PROBLEM DETAILS =>
A bare number is all that is needed: how many lines below contain the string "DeleteIo"?

EXTRACTED INFORMATION =>
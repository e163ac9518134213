-- ===== src/Policy/Offload.antt =====
-- What `CpuOffloadLru::place` of src/policy/cpu_offload_lru.rs and `LocalGpuLru::place` of
-- src/policy/local_gpu_lru.rs promise.
use kvflow_sim.Base.{
  ℕ, ◌≤◌, ◌≡◌, refl, ap, ◌∙◌, ◌⊎◌, inl, inr, List, [], none, some, arith, leb, Bool-cases,
  Option-cases, le→leb, leb→le, nat_eq, pair_eq,
}
use kvflow_sim.Base.Map
use kvflow_sim.Base.Map.{get-insert}
use kvflow_sim.Cache.State.Accounting.{IsWithin}
use kvflow_sim.Cache.State.Invariant.{insert-Inserted, overflowed, stored}
use kvflow_sim.Cache.Tier.{TierKind}
use kvflow_sim.Cache.Object.{CacheLocation}
use kvflow_sim.Cache.State.{CacheState, HashOrder, available_space, capacity, pool_of, lookup}
use kvflow_sim.Cluster.Topology.{ClusterTopology, node}
use kvflow_sim.Policy.Placement.{EvictedKv, PlaceRequest, Placed, store_at, object_at}
use kvflow_sim.Policy.Evict.{evict_lru}
use kvflow_sim.Policy.LocalGpuLru
use kvflow_sim.Policy.LocalGpuLru.{
  LocalGpuLru, first_gpu_of, find_gpu_with_space, fall_back, after_eviction,
}
use kvflow_sim.Policy.CpuOffloadLru
use kvflow_sim.Policy.CpuOffloadLru.{
  CpuOffloadLru, try_place_in_tier, location_in, on_gpu, try_tier, after_cpu, after_gpu,
}
use kvflow_sim.Policy.Room.{
  IsReady, IsConsistent, evict_lru-room, evict_lru-IsReady, evict_lru-capacity, evict_lru-available,
  store_at-IsConsistent, store_at_fits,
}
use kvflow_sim.Policy.Outcome.{PlacedAt}

-- The placement succeeds on a GPU or in the host memory of a node: the object is in the cache there,
-- and `lookup` finds it.
pub record Lands (n : ℕ) (r : PlaceRequest) (p : Placed) : Type 0 where
  pub loc : CacheLocation
  pub near : (pool_of loc ≡ some (n, TierKind.gpu)) ⊎ (pool_of loc ≡ some (n, TierKind.cpu))
  pub placed : PlacedAt loc p
  pub stored : Map.get r.kv_id (p.0).objects ≡ some (object_at r loc)
  pub found : lookup p.0 r.session_id r.prefix_tokens ≡ some (object_at r loc)

location_in-pool :
    (cluster : ClusterTopology) (n : ℕ) (t : TierKind) (loc : CacheLocation)
    → location_in cluster n t ≡ some loc
    → pool_of loc ≡ some (n, t)
location_in-pool cluster n t loc e = ground arith

store_at_stored :
    (c : CacheState) (r : PlaceRequest) (loc : CacheLocation) (evicted : List EvictedKv) (n : ℕ)
    (t : TierKind)
    → IsWithin c
    → pool_of loc ≡ some (n, t)
    → r.bytes ≤ available_space c n t
    → (Map.get r.kv_id ((store_at c r loc evicted).0).objects ≡ some (object_at r loc))
      × (lookup (store_at c r loc evicted).0 r.session_id r.prefix_tokens ≡ some (object_at r loc))
unfolding store_at lookup
store_at_stored c r loc evicted n t w pool room = elim (insert-Inserted c (object_at r loc) w) [
  | overflowed m s p h e ↦
      absurd (let fine = rw e at (store_at_fits c r loc evicted n t w pool room) in ground arith)
  | stored fits e ↦
      let key : ℕ × ℕ = (r.session_id, r.prefix_tokens) in
      let object = get-insert r.kv_id r.kv_id (object_at r loc) c.objects in
      let entry = get-insert key key r.kv_id c.by_session_prefix in
      rw e (ground (arith, object), ground (arith, object, entry))
]

-- What is stored at a location with room is stored, and the cache stays consistent.
stored_near :
    (c : CacheState) (r : PlaceRequest) (loc : CacheLocation) (evicted : List EvictedKv) (n : ℕ)
    (t : TierKind)
    → (t ≡ TierKind.gpu) ⊎ (t ≡ TierKind.cpu)
    → IsReady r.kv_id c
    → pool_of loc ≡ some (n, t)
    → r.bytes ≤ available_space c n t
    → IsConsistent (store_at c r loc evicted).0 × Lands n r (store_at c r loc evicted)
stored_near c r loc evicted n t local i pool room = (
  store_at-IsConsistent c r loc evicted i,
  record {
    loc = loc;
    near = elim local [
      | inl q ↦ inl (pool ∙ ap (λ x. some (n, x)) q)
      | inr q ↦ inr (pool ∙ ap (λ x. some (n, x)) q)
    ];
    placed = (evicted, store_at_fits c r loc evicted n t i.within pool room);
    stored = (store_at_stored c r loc evicted n t i.within pool room).0;
    found = (store_at_stored c r loc evicted n t i.within pool room).1;
  },
)

-- The cache is consistent, and the object stored if there was enough of something.
abbrev pub Kept : ℕ → PlaceRequest → Type 0 → Placed → Type 0
Kept n r Enough p = IsConsistent p.0 × (Enough → Lands n r p)

module _ (self : CpuOffloadLru) (order : HashOrder) (cluster : ClusterTopology)
    (r : PlaceRequest) where
  open self use {target_node}

  found :
      (t : TierKind) (c : CacheState) (loc : CacheLocation)
      → try_place_in_tier cluster c target_node t r.bytes ≡ some loc
      → (r.bytes ≤ available_space c target_node t) × (location_in cluster target_node t ≡ some loc)
  unfolding try_place_in_tier
  found t c loc e = ground arith

  try_tier-Kept :
      {Enough : Type 0} (t : TierKind) (c : CacheState) (evicted : List EvictedKv)
      (otherwise : Placed)
      → (t ≡ TierKind.gpu) ⊎ (t ≡ TierKind.cpu)
      → IsReady r.kv_id c
      → (try_place_in_tier cluster c target_node t r.bytes ≡ none
          → Kept target_node r Enough otherwise)
      → Kept target_node r Enough (try_tier self order cluster r t c evicted otherwise)
  unfolding try_tier
  try_tier-Kept t c evicted otherwise local i next =
      elim (Option-cases (try_place_in_tier cluster c target_node t r.bytes)) [
        | inl e ↦ rw (e, try_tier) (next e)
        | inr (loc, e) ↦
            let (roomy, located) = found t c loc e in
            let kept =
              stored_near c r loc evicted target_node t local i
                (location_in-pool cluster target_node t loc located) roomy in
            rw (e, try_tier) (kept.0, λ enough. kept.1)
      ]

  host_refuses :
      (c : CacheState)
      → r.bytes ≤ available_space c target_node TierKind.cpu
      → try_place_in_tier cluster c target_node TierKind.cpu r.bytes ≡ none
      → ⊥
  unfolding try_place_in_tier
  host_refuses c room e = ground arith

  cpu_offload-Kept :
      (c : CacheState)
      → IsReady r.kv_id c
      → IsConsistent (CpuOffloadLru.place self order cluster r c).0
        × (r.bytes ≤ capacity c target_node TierKind.cpu
            → Lands target_node r (CpuOffloadLru.place self order cluster r c))
  unfolding CpuOffloadLru.place after_gpu after_cpu
  cpu_offload-Kept c i =
      let n = target_node in
      let e = evict_lru order n TierKind.gpu r.bytes c [] in
      let j = evict_lru-IsReady order n TierKind.gpu r.bytes r.kv_id c [] i in
      let same = evict_lru-capacity order n TierKind.gpu r.bytes c [] n TierKind.cpu i.accounted in
      let f = evict_lru order n TierKind.cpu r.bytes e.0 e.1 in
      let k = evict_lru-IsReady order n TierKind.cpu r.bytes r.kv_id e.0 e.1 j in
      try_tier-Kept TierKind.gpu c [] _ (inl refl) i (λ _.
        try_tier-Kept TierKind.gpu e.0 e.1 _ (inl refl) j (λ _.
          try_tier-Kept TierKind.cpu e.0 e.1 _ (inr refl) j (λ _.
            try_tier-Kept TierKind.cpu f.0 f.1 _ (inr refl) k (λ none_left. (
              record { accounted = k.accounted; within = k.within },
              λ enough. absurd (
                  host_refuses f.0
                    (evict_lru-room order n TierKind.cpu r.bytes r.kv_id e.0 e.1 j (rw same enough))
                    none_left),
            )))))

  -- In a cache with exact bookkeeping and no overfull tier, and for an id not in use,
  -- `CpuOffloadLru::place` leaves the bookkeeping exact and no tier overfull, on the failing paths
  -- too.
  pub cpu_offload-IsConsistent :
      (c : CacheState)
      → IsReady r.kv_id c
      → IsConsistent (CpuOffloadLru.place self order cluster r c).0
  cpu_offload-IsConsistent c i = (cpu_offload-Kept c i).0

  -- In a cache with exact bookkeeping and no overfull tier, and for an id not in use, wherever the
  -- host tier as a whole is as big as the object, `CpuOffloadLru::place` succeeds, the object is in
  -- the cache on the GPU tier or on the host of its node, as the answer says, and `lookup` finds
  -- it.
  pub cpu_offload-Lands :
      (c : CacheState)
      → IsReady r.kv_id c
      → r.bytes ≤ capacity c target_node TierKind.cpu
      → Lands target_node r (CpuOffloadLru.place self order cluster r c)
  cpu_offload-Lands c i fits = (cpu_offload-Kept c i).1 fits

module _ (self : LocalGpuLru) (order : HashOrder) (cluster : ClusterTopology)
    (r : PlaceRequest) where
  open self use {target_node}

  -- The node has a GPU and its GPU tier is as big as the object, or the host has room as it is.
  abbrev pub Roomy : CacheState → Type 0
  Roomy c =
      (((g : ℕ) × (first_gpu_of (node cluster target_node) ≡ some g))
        × (r.bytes ≤ capacity c target_node TierKind.gpu))
      ⊎ (r.bytes ≤ available_space c target_node TierKind.cpu)

  gpu_found :
      (c : CacheState) (g : ℕ)
      → find_gpu_with_space cluster c target_node r.bytes ≡ some g
      → r.bytes ≤ available_space c target_node TierKind.gpu
  unfolding find_gpu_with_space
  gpu_found c g e = ground arith

  gpu_refuses :
      (c : CacheState) (g : ℕ)
      → find_gpu_with_space cluster c target_node r.bytes ≡ none
      → first_gpu_of (node cluster target_node) ≡ some g
      → r.bytes ≤ available_space c target_node TierKind.gpu
      → ⊥
  unfolding find_gpu_with_space
  gpu_refuses c g e h room = ground arith

  fall_back-Kept :
      {Enough : Type 0} (c : CacheState) (evicted : List EvictedKv)
      → IsReady r.kv_id c
      → (Enough → r.bytes ≤ available_space c target_node TierKind.cpu)
      → Kept target_node r Enough (fall_back self order cluster r c evicted)
  unfolding fall_back
  fall_back-Kept c evicted i enough =
      elim (Bool-cases (leb r.bytes (available_space c target_node TierKind.cpu))) [
        | inl e ↦
            let kept =
              stored_near c r (CacheLocation.cpu target_node) evicted target_node TierKind.cpu
                (inr refl) i refl (leb→le _ _ e) in
            rw (e, fall_back) (kept.0, λ h. kept.1)
        | inr e ↦
            rw (e, fall_back)
              (
                record { accounted = i.accounted; within = i.within },
                λ h. absurd (ground (arith, enough h)),
              )
      ]

  after_eviction-Kept :
      {Enough : Type 0} (c : CacheState) (evicted : List EvictedKv)
      → IsReady r.kv_id c
      → (find_gpu_with_space cluster c target_node r.bytes ≡ none
          → Enough
          → r.bytes ≤ available_space c target_node TierKind.cpu)
      → Kept target_node r Enough (after_eviction self order cluster r (c, evicted))
  unfolding after_eviction
  after_eviction-Kept c evicted i enough =
      elim (Option-cases (find_gpu_with_space cluster c target_node r.bytes)) [
        | inl e ↦ elim (Bool-cases (leb r.bytes (available_space c target_node TierKind.gpu))) [
          | inl roomy ↦
              rw (roomy, after_eviction)
                (rw (e, after_eviction) (fall_back-Kept c evicted i (enough e)))
          | inr tight ↦ rw (tight, after_eviction) (fall_back-Kept c evicted i (enough e))
        ]
        | inr (g, e) ↦
            let kept =
              stored_near c r (CacheLocation.gpu target_node g) evicted target_node TierKind.gpu
                (inl refl) i refl (gpu_found c g e) in
            rw (le→leb _ _ (gpu_found c g e), after_eviction)
              (rw (e, after_eviction) (kept.0, λ h. kept.1))
      ]

  local_gpu-Kept :
      (c : CacheState)
      → IsReady r.kv_id c
      → IsConsistent (LocalGpuLru.place self order cluster r c).0
        × (Roomy c → Lands target_node r (LocalGpuLru.place self order cluster r c))
  unfolding LocalGpuLru.place
  local_gpu-Kept c i =
      let n = target_node in
      let e = evict_lru order n TierKind.gpu r.bytes c [] in
      elim (Option-cases (find_gpu_with_space cluster c n r.bytes)) [
        | inr (g, e) ↦
            let kept =
              stored_near c r (CacheLocation.gpu n g) [] n TierKind.gpu (inl refl) i refl
                (gpu_found c g e) in
            rw (e, LocalGpuLru.place) (kept.0, λ h. kept.1)
        | inl none_yet ↦
            rw (none_yet, LocalGpuLru.place)
              (after_eviction-Kept e.0 e.1
                (evict_lru-IsReady order n TierKind.gpu r.bytes r.kv_id c [] i)
                (λ none_left roomy. elim roomy [
                  | inl (gpu, fits) ↦ absurd (
                      gpu_refuses e.0 gpu.0 none_left gpu.1
                        (evict_lru-room order n TierKind.gpu r.bytes r.kv_id c [] i fits))
                  | inr room ↦
                      rw
                        (evict_lru-available order n TierKind.gpu r.bytes c [] TierKind.cpu
                          (λ q. cc) i.accounted)
                        room
                ]))
      ]

  -- In a cache with exact bookkeeping and no overfull tier, and for an id not in use,
  -- `LocalGpuLru::place` leaves the bookkeeping exact and no tier overfull, on the failing paths
  -- too.
  pub local_gpu-IsConsistent :
      (c : CacheState)
      → IsReady r.kv_id c
      → IsConsistent (LocalGpuLru.place self order cluster r c).0
  local_gpu-IsConsistent c i = (local_gpu-Kept c i).0

  -- In a cache with exact bookkeeping and no overfull tier, and for an id not in use, and wherever
  -- the node has a GPU and its GPU tier as a whole is as big as the object, or the host tier has
  -- room for it without eviction, `LocalGpuLru::place` succeeds, the object is in the cache on the
  -- GPU tier or on the host of its node, as the answer says, and `lookup` finds it.
  pub local_gpu-Lands :
      (c : CacheState)
      → IsReady r.kv_id c
      → Roomy c
      → Lands target_node r (LocalGpuLru.place self order cluster r c)
  local_gpu-Lands c i roomy = (local_gpu-Kept c i).1 roomy
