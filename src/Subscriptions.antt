-- ===== src/Subscriptions.antt =====
-- Package subscriptions: what refreshes the subscriptions in the background.
pub mod Due
pub mod Model
pub mod Store
pub mod Refresh
pub mod Activate
pub mod Operations
mod Tests
pub mod Scheduler
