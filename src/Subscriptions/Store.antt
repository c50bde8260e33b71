-- ===== src/Subscriptions/Store.antt =====
-- subscriptions/store.go: the store of subscriptions, its directory and the operations on records.
-- A map is a function. The content of record.json, active.json and .activation-pending.json is the
-- value that was marshalled. Whether a call of the operating system succeeds is an argument of the
-- operation, `..._ok`, or of type `Io` where there are several; a call of `config.Write` that fails
-- leaves the file as it was. A result `none` is a nil error.
pub mod Generations
pub mod Applied
pub mod Open
pub mod Sound
use clashpulse.Base.{
  ℕ, ◌+◌, ◌*◌, ◌≡◌, String, Bool, true, false, not, ◌&&◌, ◌||◌, List, [], ◌∷◌, Option, none, some,
  if◌then◌else◌, ltb, leb, ◌==◌, ◌=s◌, is_blank, codes, length, contains, keep, starts_with,
}
use clashpulse.Subscriptions.Model.{
  Subscription, StoreError, not_found, already_exists, active, no_snapshot, store_failed,
  cleanup_pending, valid_id, valid_optional_hash, is_normal,
}

abbrev pub Bytes : Type 0
Bytes = List ℕ

pub record Usage : Type 0 where
  pub upload : ℕ
  pub download : ℕ
  pub total : ℕ
  pub expires_at : ℕ

-- `privateRecord`
pub record Rec : Type 0 where
  pub subscription : Subscription
  pub etag : String
  pub last_modified : String
  pub checked_at : ℕ
  pub last_success : ℕ
  pub last_failure_at : ℕ
  pub last_failure : String
  pub usage : Option Usage
  pub hash : String
  pub candidate_hash : String
  pub downloaded_only : Bool
  pub applied_hash : String
  pub applied_profile_hash : String
  pub applied_candidate_hash : String
  pub active : Bool

-- The directory of a subscription: record.json, the files profile-<hash>.yaml and the files
-- candidate-<hash>-<hash>.yaml.
pub record Dir : Type 0 where
  pub record_file : Option Rec
  pub profiles : String → Option Bytes
  pub candidates : String → String → Option Bytes

-- active.json, and the fields activeID, activeProfileHash and activeCandidateHash of the store.
pub record Marker : Type 0 where
  pub id : String
  pub profile_hash : String
  pub candidate_hash : String

-- `pendingActivation`
pub record Pending : Type 0 where
  pub marker : Marker
  pub resource_commit_id : String
  pub accepted : Bool

-- The directory of the store: the subdirectories' names, as `ReadDir` gives them, and their content;
-- the quarantined directories of deletions that were not cleaned up.
pub record Disk : Type 0 where
  pub names : List String
  pub dirs : String → Option Dir
  pub active_file : Option Marker
  pub pending_file : Option Pending
  pub quarantine : List String

-- `Store`, with the directory that it owns.
pub record Store : Type 0 where
  pub records : String → Option Rec
  pub current : Marker
  pub disk : Disk

abbrev pub blank_marker : Marker
blank_marker = record { id = ""; profile_hash = ""; candidate_hash = "" }

abbrev pub max_profile_bytes : ℕ
max_profile_bytes = 33_554_432

abbrev pub max_candidate_bytes : ℕ
max_candidate_bytes = 67_108_864

-- `m[k] = v`, and `delete(m, k)` for `none`.
unfoldable pub set_at {ℓ} :
    {A : Type ℓ} → String → Option A → (String → Option A) → String → Option A
set_at k v m x = if x =s k then v else m x

abbrev pub empty_dir : Dir
empty_dir = record { record_file = none; profiles = λ p. none; candidates = λ p c. none }

unfoldable pub set_dir : String → Option Dir → Disk → Disk
set_dir id d disk = record disk { dirs = set_at id d disk.dirs }

unfoldable pub dir_or_empty : Option Dir → Dir
dir_or_empty none = empty_dir
dir_or_empty (some d) = d

-- What `writeRecord` writes: the pointers of the activation are not durable in the record.
unfoldable pub durable : Rec → Rec
durable r = record r {
  applied_hash = "";
  applied_profile_hash = "";
  applied_candidate_hash = "";
  active = false;
}

-- The content of `record.json` after a write that succeeds.
unfoldable pub write_record : String → Rec → Disk → Disk
unfolding dir_or_empty durable
write_record id r disk =
    set_dir id (some (record (dir_or_empty (disk.dirs id)) { record_file = some (durable r) })) disk

abbrev pub StoreOutcome : Type 0
StoreOutcome = Option StoreError × Store

-- The calls of `add` that can fail; `Mkdir` on a directory that exists fails in any case.
unfoldable pub add : Bool → Bool → Bool → Rec → Store → StoreOutcome
add mkdir_ok write_ok remove_ok r s =
    let id = r.subscription.id in
    let disk = s.disk in
    elim (s.records id) [
      | some old ↦ (some already_exists, s)
      | none ↦ elim (disk.dirs id) [
        | some d ↦ (some already_exists, s)
        | none ↦
            if not mkdir_ok
            then (some store_failed, s)
            else let made = record disk {
              names = id ∷ disk.names;
              dirs = set_at id (some empty_dir) disk.dirs;
            } in
              if not write_ok
              then (some store_failed, if remove_ok then s else record s { disk = made })
              else (
                none,
                record s { records = set_at id (some r) s.records; disk = write_record id r made },
              )
      ]
    ]

-- `get`, which says whether the record is the active one.
unfoldable pub get_record : String → Store → Option Rec
get_record id s = elim (s.records id) [
  | none ↦ none
  | some r ↦ some (record r { active = s.current.id =s id })
]

unfoldable pub replace : Bool → Rec → Store → StoreOutcome
replace write_ok r s =
    let id = r.subscription.id in
    elim (s.records id) [
      | none ↦ (some not_found, s)
      | some old ↦ if not write_ok then (some store_failed, s) else (
        none,
        record s { records = set_at id (some r) s.records; disk = write_record id r s.disk },
      )
    ]

-- The record of a subscription that was just configured, and the record of one that is configured
-- anew: a new link is due at once and has no validators.
abbrev pub fresh_record : Subscription → Rec
fresh_record sub = record {
  subscription = sub;
  etag = "";
  last_modified = "";
  checked_at = 0;
  last_success = 0;
  last_failure_at = 0;
  last_failure = "";
  usage = none;
  hash = "";
  candidate_hash = "";
  downloaded_only = false;
  applied_hash = "";
  applied_profile_hash = "";
  applied_candidate_hash = "";
  active = false;
}

unfoldable pub edited : Subscription → Rec → Rec
edited sub r =
    if r.subscription.url =s sub.url
    then record r { subscription = sub }
    else record r { subscription = sub; etag = ""; last_modified = ""; checked_at = 0 }

-- The calls of `delete` that can fail, in their order: `unused_gone` is the removal of the empty
-- quarantine. What is synced has no effect on the directory.
pub record DeleteIo : Type 0 where
  pub quarantine_ok : Bool
  pub rename_ok : Bool
  pub unused_gone : Bool
  pub sync_ok : Bool
  pub remove_ok : Bool
  pub last_sync_ok : Bool

-- A quarantine stays behind.
unfoldable pub quarantined : String → Store → Store
quarantined id s = record s { disk = record s.disk { quarantine = id ∷ s.disk.quarantine } }

unfoldable pub without : String → Store → Store
without id s = record s {
  records = set_at id none s.records;
  disk = record s.disk {
    names = keep (λ n. not (n =s id)) s.disk.names;
    dirs = set_at id none s.disk.dirs;
  };
}

unfoldable pub delete : DeleteIo → String → Store → StoreOutcome
unfolding quarantined without
delete io id s = elim (s.records id) [
  | none ↦ (some not_found, s)
  | some r ↦
      if s.current.id =s id
      then (some active, s)
      else if not io.quarantine_ok
      then (some store_failed, s)
      else if not io.rename_ok
      then (some store_failed, if io.unused_gone then s else quarantined id s)
      else if not io.sync_ok || not io.remove_ok
      then (some cleanup_pending, quarantined id (without id s))
      else (if io.last_sync_ok then none else some cleanup_pending, without id s)
]

abbrev pub newer : String → String → String
newer value old = if is_blank value then old else value

-- The record after a successful check; `recovered` says whether the last check had failed.
unfoldable pub touched : ℕ → String → String → Option Usage → Rec → Rec
touched now etag last_modified usage r = record r {
  checked_at = now;
  last_success = now;
  etag = newer etag r.etag;
  last_modified = newer last_modified r.last_modified;
  usage = elim usage [ none ↦ r.usage | some u ↦ some u ];
  last_failure_at = 0;
  last_failure = "";
}

unfoldable pub touch_success :
    Bool → String → ℕ → String → String → Option Usage → Store → StoreOutcome
unfolding touched
touch_success write_ok id now etag last_modified usage s = elim (s.records id) [
  | none ↦ (some not_found, s)
  | some r ↦
      let r' = touched now etag last_modified usage r in
      let kept = record s { records = set_at id (some r') s.records } in
      if is_blank r.last_failure
      then (none, kept)
      else if not write_ok
      then (some store_failed, s)
      else (none, record kept { disk = write_record id r' s.disk })
]

all_digits : List ℕ → Bool
all_digits [] = true
all_digits (c ∷ cs) = leb 48 c && leb c 57 && all_digits cs

-- download/client.go: `ParseStatus` accepts "HTTP " and three characters that read as 400 to 599; a
-- sign before two digits never does.
is_status_code : List ℕ → Bool
is_status_code (a ∷ b ∷ c ∷ []) = (a == 52 || a == 53) && all_digits (b ∷ c ∷ [])
is_status_code _ = false

after_http : List ℕ → Bool
unfolding is_status_code all_digits
after_http (h ∷ t ∷ t' ∷ p ∷ sp ∷ rest) =
    starts_with (codes "HTTP ") (h ∷ t ∷ t' ∷ p ∷ sp ∷ []) && is_status_code rest
after_http _ = false

abbrev failure_texts : List String
failure_texts =
    "" ∷ "subscriptions: refresh failed" ∷ "subscriptions: no validated snapshot"
    ∷ "subscriptions: invalid profile" ∷ "subscriptions: candidate generation failed"
    ∷ "subscriptions: candidate validation failed" ∷ "context deadline exceeded" ∷ []

unfoldable pub valid_failure : String → Bool
unfolding after_http
valid_failure failure = contains failure failure_texts || after_http (codes failure)

-- The result says whether the failure is on disk; the store remembers it in any case.
unfoldable pub touch_failure : Bool → String → ℕ → String → Store → Bool × Store
touch_failure write_ok id now failure s =
    if not (valid_failure failure) || is_blank failure then (false, s) else elim (s.records id) [
      | none ↦ (false, s)
      | some r ↦
          let r' = record r { checked_at = now; last_failure_at = now; last_failure = failure } in
          let kept = record s { records = set_at id (some r') s.records } in
          if write_ok
          then (true, record kept { disk = write_record id r' s.disk })
          else (false, kept)
    ]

RESPONSE BELOW =>
2